Authoritarian regimes weaponise internet blackouts to stifle dissent
Photo: @eugenechystiakov via Unsplash
Internet blackouts have become a repressive tool regularly used by authoritarian regimes to stifle dissent and disrupt democratic processes.
On Thursday Ugandans went to the polls for presidential elections that saw the octogenarian incumbent President Yoweri Museveni seek to extend his 40-year rule with a seventh term in office. Two days earlier mobile phone and internet companies were instructed to suspend all internet services until further notice. The shutdown was preceded by a wave of violent crackdowns against Museveni’s political opponents and critics, including journalists and human rights groups.
The pretext for imposing a blackout was “strong recommendations” from security agencies that it was needed to prevent incitement of violence and spreading misinformation, according to a letter from the Uganda Communications Commission to telecoms companies.
The main opposition party led by former pop star Bobi Wine accused Museveni of using the shutdown to help him “steal the election”. A similar blackout was imposed in Uganda’s 2021 elections, which Museveni won by 59 percent, a victory described as fundamentally flawed by foreign observers. Ahead of this week’s shutdown, Wine urged supporters to download the Bitchat app “for communication in case the regime disables the internet ahead of #ProtestVote2026”. Bitchat allows users near each other to communicate via Bluetooth networks without the internet.

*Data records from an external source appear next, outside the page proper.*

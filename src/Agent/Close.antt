-- ===== src/Agent/Close.antt =====
-- Pads of the SCTP decoder that come and go, and the end of a data channel,
-- transport/owr_transport_agent.c.
use openwebrtc.Prelude.{
  ℕ, ◌%◌, ◌^◌, Bool, true, false, not, ◌&&◌, Option, none, some, if◌then◌else◌, lookup, remove,
}
use openwebrtc.Outcome.{Outcome, ok, assertion, null_pointer, require, check, ◌>>=◌, ◌>>◌}
use openwebrtc.DataChannel.{ReadyState}
use openwebrtc.Agent.{
  State, closing, ChannelInfo, Agent, ready_state, zero_info, lock_channels, lock_info, put_info,
  schedule, get_session, is_valid_sctp_stream_id,
}

-- sctpdec_pad_added: the first message on a stream. A channel that is not known is taken for one
-- that the other side opens.
unfoldable pub pad_info : ℕ → Option ChannelInfo → ChannelInfo × Bool
pad_info session_id none = (record zero_info { session_id = session_id }, true)
pad_info session_id (some info) = (info, false)

unfoldable pub sctpdec_pad_added : ℕ → ℕ → Agent → Outcome Agent
sctpdec_pad_added session_id stream a =
    let found = pad_info session_id (lookup stream a.data_channels) in
    let valid_id = is_valid_sctp_stream_id a session_id stream found.1 in
    lock_channels a
    >> (if not found.0.negotiated && not valid_id
        then ok (record a { data_channels = remove stream a.data_channels })
        else check (not found.0.data_sink) assertion
          >> ok (put_info stream (record (found.0) { data_sink = true; id = stream % 2 ^ 16 }) a))

-- The closed state is scheduled for the session's object, and the entry is stolen and freed.
unfoldable pub forget_data_channel : ChannelInfo → Agent → Outcome Agent
forget_data_channel info a = do
  session ← require (get_session a info.session_id) null_pointer
  ref ← require (lookup info.id session.data_channels) null_pointer
  ok (record (schedule (ready_state ref ReadyState.closed) a) {
    data_channels = remove info.id a.data_channels;
  })

-- maybe_close_data_channel: once both elements are gone the channel is closed and forgotten.
unfoldable pub maybe_close_data_channel : ChannelInfo → Agent → Outcome Agent
maybe_close_data_channel info a =
    lock_info info
    >> (if not info.data_sink && not info.data_src then forget_data_channel info a else ok a)

-- Both elements are removed and the encoder's pad is released; then the channel is closed.
unfoldable pub remove_elements : ℕ → ChannelInfo → Agent → Outcome Agent
remove_elements stream info a =
    let bare = record info { state = closing; data_sink = false; data_src = false } in
    lock_info info
    >> maybe_close_data_channel bare
        (put_info stream bare (record a { pads = remove stream a.pads }))

abbrev pub is_closing : State → Bool
is_closing closing = true
is_closing _ = false

unfoldable pub close_removed : ℕ → ChannelInfo → Agent → Outcome Agent
close_removed stream info a = do
  session ← require (get_session a info.session_id) assertion
  ref ← require (lookup info.id session.data_channels) assertion
  remove_elements stream info (schedule (ready_state ref ReadyState.closing) a)

-- sctpdec_pad_removed: the other side has closed the stream.
unfoldable pub sctpdec_pad_removed : ℕ → Agent → Outcome Agent
sctpdec_pad_removed stream a = do
  lock_channels a
  info ← require (lookup stream a.data_channels) assertion
  if is_closing info.state then ok a else close_removed stream info a

-- on_datachannel_close: the application closes the channel.
unfoldable pub on_datachannel_close : ℕ → Agent → Outcome Agent
on_datachannel_close ref a = do
  c ← require (lookup ref a.objects) null_pointer
  lock_channels a
  info ← require (lookup c.id a.data_channels) assertion
  remove_elements c.id info (schedule (ready_state ref ReadyState.closing) a)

A similar, week-long blackout was imposed during Tanzania’s elections last October, which saw security forces gun down hundreds of opponents. In poll widely condemned as a sham, the incumbent, President Samia Suluhu Hassan, won an improbable 98 percent of the votes.
In Iran, where protests against an economic meltdown and lack of political freedoms erupted in late December and being met with bloody crackdowns, the internet has been shut down since January 8. Iran uses several methods to impede the free flow of information with varying degrees of success. These include blocking the use of VPNs, using a state-run domestic internet network, and disrupting access to smuggled Starlink terminals, which are banned in the country, possibly by jamming their GPS signals and thereby making it more difficult for them to find overhead satellites.